*WHAT YOU HAVE TO DO*:
Which lines have the string "IsDown"? Copy all of them from the entries below.
-*-*-
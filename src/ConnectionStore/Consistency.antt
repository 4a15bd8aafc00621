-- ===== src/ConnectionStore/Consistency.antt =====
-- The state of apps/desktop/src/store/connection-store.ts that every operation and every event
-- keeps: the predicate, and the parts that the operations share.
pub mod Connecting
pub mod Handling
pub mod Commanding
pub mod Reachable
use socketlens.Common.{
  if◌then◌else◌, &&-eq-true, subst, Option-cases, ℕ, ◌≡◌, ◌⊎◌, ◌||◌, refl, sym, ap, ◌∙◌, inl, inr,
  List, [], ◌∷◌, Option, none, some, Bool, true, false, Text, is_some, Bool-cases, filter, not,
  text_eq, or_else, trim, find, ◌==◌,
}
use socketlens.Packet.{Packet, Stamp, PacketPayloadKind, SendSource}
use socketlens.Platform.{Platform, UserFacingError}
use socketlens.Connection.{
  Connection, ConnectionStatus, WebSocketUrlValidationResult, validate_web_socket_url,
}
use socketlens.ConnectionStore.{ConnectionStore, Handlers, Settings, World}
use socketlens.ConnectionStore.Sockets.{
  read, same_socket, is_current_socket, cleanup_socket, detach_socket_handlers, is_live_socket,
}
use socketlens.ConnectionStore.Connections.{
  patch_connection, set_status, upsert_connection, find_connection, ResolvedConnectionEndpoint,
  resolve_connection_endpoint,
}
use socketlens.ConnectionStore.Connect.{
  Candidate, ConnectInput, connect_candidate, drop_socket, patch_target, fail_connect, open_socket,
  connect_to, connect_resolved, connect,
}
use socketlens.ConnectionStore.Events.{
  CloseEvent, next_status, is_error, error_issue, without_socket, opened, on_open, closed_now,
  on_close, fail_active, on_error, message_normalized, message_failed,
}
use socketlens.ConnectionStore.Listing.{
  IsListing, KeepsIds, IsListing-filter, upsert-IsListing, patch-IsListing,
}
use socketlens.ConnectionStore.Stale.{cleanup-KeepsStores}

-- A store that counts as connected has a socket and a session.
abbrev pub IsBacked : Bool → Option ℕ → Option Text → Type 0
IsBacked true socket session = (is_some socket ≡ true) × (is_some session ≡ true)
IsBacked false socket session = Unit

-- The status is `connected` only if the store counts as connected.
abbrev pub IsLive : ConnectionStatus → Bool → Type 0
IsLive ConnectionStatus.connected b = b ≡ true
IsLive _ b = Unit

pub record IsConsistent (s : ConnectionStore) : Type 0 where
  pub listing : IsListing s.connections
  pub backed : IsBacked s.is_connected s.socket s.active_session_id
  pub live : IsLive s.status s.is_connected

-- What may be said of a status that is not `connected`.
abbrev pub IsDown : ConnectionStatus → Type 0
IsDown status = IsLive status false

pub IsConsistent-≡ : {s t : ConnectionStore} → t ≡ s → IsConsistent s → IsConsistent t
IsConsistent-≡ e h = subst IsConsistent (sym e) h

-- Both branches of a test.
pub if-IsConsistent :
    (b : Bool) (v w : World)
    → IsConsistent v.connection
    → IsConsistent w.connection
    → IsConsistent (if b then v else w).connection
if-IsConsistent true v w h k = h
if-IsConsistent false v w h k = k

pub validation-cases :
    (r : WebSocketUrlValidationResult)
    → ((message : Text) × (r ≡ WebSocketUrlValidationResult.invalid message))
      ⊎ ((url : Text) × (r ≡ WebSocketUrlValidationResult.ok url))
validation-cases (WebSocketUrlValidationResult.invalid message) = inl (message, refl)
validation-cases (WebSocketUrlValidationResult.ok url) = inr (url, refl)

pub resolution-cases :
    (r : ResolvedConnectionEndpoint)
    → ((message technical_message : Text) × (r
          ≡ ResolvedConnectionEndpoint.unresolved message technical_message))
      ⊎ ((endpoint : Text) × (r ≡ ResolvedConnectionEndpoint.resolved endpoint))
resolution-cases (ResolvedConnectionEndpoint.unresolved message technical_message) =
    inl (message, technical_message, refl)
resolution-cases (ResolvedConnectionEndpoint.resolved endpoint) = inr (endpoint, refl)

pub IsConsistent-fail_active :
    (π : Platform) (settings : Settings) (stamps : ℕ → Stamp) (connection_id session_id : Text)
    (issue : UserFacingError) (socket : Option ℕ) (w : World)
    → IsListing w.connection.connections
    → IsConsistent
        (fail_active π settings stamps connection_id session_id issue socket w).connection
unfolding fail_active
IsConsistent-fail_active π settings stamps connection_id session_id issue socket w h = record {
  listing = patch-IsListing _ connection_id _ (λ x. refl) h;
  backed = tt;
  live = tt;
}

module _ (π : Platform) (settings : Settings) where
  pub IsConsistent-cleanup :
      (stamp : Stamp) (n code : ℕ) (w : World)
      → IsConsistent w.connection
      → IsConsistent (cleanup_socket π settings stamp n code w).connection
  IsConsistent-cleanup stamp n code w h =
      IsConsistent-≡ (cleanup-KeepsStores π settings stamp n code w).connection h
-*-*-
*ANSWER TO THIS TASK*:
abbrev pub IsDown : ConnectionStatus → Type 0
IsDown status = IsLive status false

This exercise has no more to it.